Self-overlap as a method of analysis in Ising models

TL;DR

This paper introduces the self-overlap method as a new, more efficient and less ambiguous approach to analyze the thermodynamics and stability of the 2D Ising model, using correlation functions over time.

Contribution

The paper proposes the self-overlap method as an alternative to damage spreading, providing analytical and numerical results with improved simplicity and efficiency.

Findings

Results agree with expected thermodynamic behavior

Method reduces computational costs

Provides analytical insights into system stability

Abstract

The damage spreading method (DS) provided a useful tool to obtain analytical results of the thermodynamics and stability of the 2D Ising model --amongst many others--, but it suffered both from ambiguities in its results and from large computational costs.

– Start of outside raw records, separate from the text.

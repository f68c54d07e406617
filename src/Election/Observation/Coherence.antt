-- ===== src/Election/Observation/Coherence.antt =====
-- The two slots of one lease name, in `remaining` of apis/election/lease_observation.go.
use datakit_operator.Common.{ℕ, ◌<◌, ◌≡◌, refl, some, true, false, String, arith, eq_iff, eq_refl}
use datakit_operator.Election.Lease.{Lease}
use datakit_operator.Election.Observation.{
  ObservationSource, from_cache, from_store, Slots, LeaseObservations, get_slot, is_held,
  is_superseded, is_version, observe, left_of_term, remaining,
}

-- Two slots that show one version hold one observation.
abbrev pub IsCoherentSlots : Slots → Type 0
IsCoherentSlots s =
    s.in_cache.known ≡ true
    → s.in_store.known ≡ true
    → s.in_cache.uid ≡ s.in_store.uid
    → s.in_cache.resource_version ≡ s.in_store.resource_version
    → s.in_cache ≡ s.in_store

abbrev pub IsCoherent : LeaseObservations → Type 0
IsCoherent o = (name : String) → IsCoherentSlots (o name)

pub observe-IsCoherentSlots :
    (s : Slots) (l : Lease) (source : ObservationSource) (t : ℕ)
    → IsCoherentSlots s
    → IsCoherentSlots (observe s l source t)
unfolding observe
observe-IsCoherentSlots s l from_cache t h = ground (
  arith,
  eq_iff s.in_store.uid l.uid,
  eq_iff l.uid s.in_store.uid,
  eq_iff s.in_store.resource_version l.resource_version,
)
observe-IsCoherentSlots s l from_store t h = ground (
  arith,
  eq_iff s.in_cache.uid l.uid,
  eq_iff l.uid s.in_store.uid,
  eq_iff s.in_cache.resource_version l.resource_version,
)

-- The slot that was read shows the lease's version afterwards.
pub observe-is_version :
    (s : Slots) (l : Lease) (source : ObservationSource) (t : ℕ)
    → is_version (get_slot source (observe s l source t)) l ≡ true
unfolding observe
observe-is_version s l from_cache t = ground (arith, eq_refl l.uid, eq_refl l.resource_version)
observe-is_version s l from_store t = ground (arith, eq_refl l.uid, eq_refl l.resource_version)

pub observe_again :
    (s : Slots) (l : Lease) (source : ObservationSource) (t : ℕ)
    → is_version (get_slot source s) l ≡ true
    → observe s l source t ≡ s
unfolding observe
observe_again s l source t h = rw h

-- Once one source has shown the version, either source reads the same observation.
pub observe_shared :
    (s : Slots) (l : Lease) (a b : ObservationSource) (t : ℕ)
    → IsCoherentSlots s
    → is_version (get_slot a s) l ≡ true
    → get_slot b (observe s l b t) ≡ get_slot a s
unfolding observe
observe_shared s l from_cache from_cache t c h = ground arith
observe_shared s l from_store from_store t c h = ground arith
observe_shared s l from_cache from_store t c h = ground (
  arith,
  eq_iff s.in_cache.uid l.uid,
  eq_iff s.in_store.uid l.uid,
  eq_iff s.in_cache.resource_version l.resource_version,
  eq_iff s.in_store.resource_version l.resource_version,
)
observe_shared s l from_store from_cache t c h = ground (
  arith,
  eq_iff s.in_cache.uid l.uid,
  eq_iff s.in_store.uid l.uid,
  eq_iff s.in_cache.resource_version l.resource_version,
  eq_iff s.in_store.resource_version l.resource_version,
)

-- A lease that gets an answer from the clock: it is held and the store has shown nothing newer.
abbrev pub IsAnswered : LeaseObservations → Lease → ObservationSource → Type 0
IsAnswered o l source = (is_held l ≡ true) × (is_superseded (o l.name).in_store l source ≡ false)

pub remaining-IsAnswered :
    (o : LeaseObservations) (l : Lease) (source : ObservationSource) (t : ℕ)
    → 0 < (remaining o (some l) source t).1
    → IsAnswered o l source
unfolding remaining
remaining-IsAnswered o l source t h = ground arith

-- The value of an answer, and the record that it leaves.
pub answer_value :
    (o : LeaseObservations) (l : Lease) (source : ObservationSource) (t : ℕ)
    → IsAnswered o l source
    → (remaining o (some l) source t).1
      ≡ left_of_term l (get_slot source (observe (o l.name) l source t)) t
unfolding remaining
answer_value o l source t (held, fresh) = rw (held, fresh) refl

pub answer_slots :
    (o : LeaseObservations) (l : Lease) (source : ObservationSource) (t : ℕ)
    → IsAnswered o l source
    → (remaining o (some l) source t).0 l.name ≡ observe (o l.name) l source t
unfolding remaining
answer_slots o l source t (held, fresh) = rw (held, fresh, eq_refl l.name) refl
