-- ===== src/Election/Observation/Deadline.antt =====
-- Two looks at one version of a lease (apis/election/lease_observation.go).
use datakit_operator.Common.{
  ℕ, ◌+◌, ◌-◌, ◌<◌, ◌≤◌, ◌≡◌, Option, none, some, not, ◌||◌, String, ◌==◌, arith, eq_iff, ap,
  Bool-cases, inl, inr, ◌≢◌, if-cases,
}
use datakit_operator.Election.Lease.{Lease}
use datakit_operator.Election.Observation.{
  ObservationSource, LeaseObservation, LeaseObservations, get_slot, is_held, is_superseded, observe,
  remaining,
}
use datakit_operator.Election.Observation.Coherence.{
  IsCoherentSlots, IsCoherent, observe-IsCoherentSlots, observe-is_version, observe_shared,
  IsAnswered, remaining-IsAnswered, answer_value, answer_slots,
}

-- Two answers about one version differ by the time between them.
pub answers_differ :
    (o : LeaseObservations) (l : Lease) (a b : ObservationSource) (t₀ t₁ : ℕ)
    → IsCoherent o
    → t₀ ≤ t₁
    → IsAnswered o l a
    → IsAnswered (remaining o (some l) a t₀).0 l b
    → (remaining (remaining o (some l) a t₀).0 (some l) b t₁).1
      ≡ (remaining o (some l) a t₀).1 - (t₁ - t₀)
answers_differ o l a b t₀ t₁ c le h₀ h₁ =
    let s = observe (o l.name) l a t₀ in
    let o' = (remaining o (some l) a t₀).0 in
    let same : get_slot b (observe (o' l.name) l b t₁) ≡ get_slot a s =
      rw (answer_slots o l a t₀ h₀) (
        observe_shared s l a b t₁ (observe-IsCoherentSlots (o l.name) l a t₀ (c l.name))
          (observe-is_version (o l.name) l a t₀)) in
    omega (
      arith,
      answer_value o l a t₀ h₀,
      answer_value o' l b t₁ h₁,
      ap LeaseObservation.observed_at same,
    )

-- If the slots of every lease agree wherever they hold the same version, and a lease has time
-- left when it is looked at in one source, then a later look at the same version, in either
-- source, that finds time left finds what was left before, less the time that has passed: seeing
-- a version again restarts no timer.
pub remaining_deadline :
    (o : LeaseObservations) (l : Lease) (a b : ObservationSource) (t₀ t₁ : ℕ)
    → IsCoherent o
    → t₀ ≤ t₁
    → 0 < (remaining o (some l) a t₀).1
    → 0 < (remaining (remaining o (some l) a t₀).0 (some l) b t₁).1
    → (remaining (remaining o (some l) a t₀).0 (some l) b t₁).1 + (t₁ - t₀)
      ≡ (remaining o (some l) a t₀).1
remaining_deadline o l a b t₀ t₁ c le h₀ h₁ =
    let o' = (remaining o (some l) a t₀).0 in
    omega (
      arith,
      answers_differ o l a b t₀ t₁ c le (remaining-IsAnswered o l a t₀ h₀)
          (remaining-IsAnswered o' l b t₁ h₁),
    )

-- An answer leaves the records coherent.
pub remaining-IsCoherent :
    (o : LeaseObservations) (lease : Option Lease) (source : ObservationSource) (t : ℕ)
    → IsCoherent o
    → IsCoherent (remaining o lease source t).0
unfolding remaining
remaining-IsCoherent o none source t c = c
remaining-IsCoherent o (some l) source t c = λ name.
    let s = observe (o l.name) l source t in
    elim (Bool-cases (not (is_held l) || is_superseded (o l.name).in_store l source)) [
      | inl refused ↦ rw refused (c name)
      | inr answered ↦ rw answered (
          if-cases IsCoherentSlots (name == l.name) s (o name)
            (observe-IsCoherentSlots (o l.name) l source t (c l.name)) (c name))
    ]

-- An answer changes the record of its own lease name only.
pub remaining-ne_name :
    (o : LeaseObservations) (l : Lease) (source : ObservationSource) (t : ℕ) (name : String)
    → l.name ≢ name
    → (remaining o (some l) source t).0 name ≡ o name
unfolding remaining
remaining-ne_name o l source t name h = ground (arith, eq_iff name l.name)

In this paper we propose an alternative method, the so called self-overlap method, based on the study of correlation functions measured at subsequent time steps as the system evolves towards its equilibrium. Applying markovian and mean field approximations to a 2D Ising system we obtain both analytical and numerical results on the thermodynamics that agree with the expected behavior. We also provide some analytical results on the stability of the system. Since only a single replica of the system needs to be studied, this method would seem to be free from the ambiguities that afflicted DS. It also seems to be numerically more efficient and analytically simpler.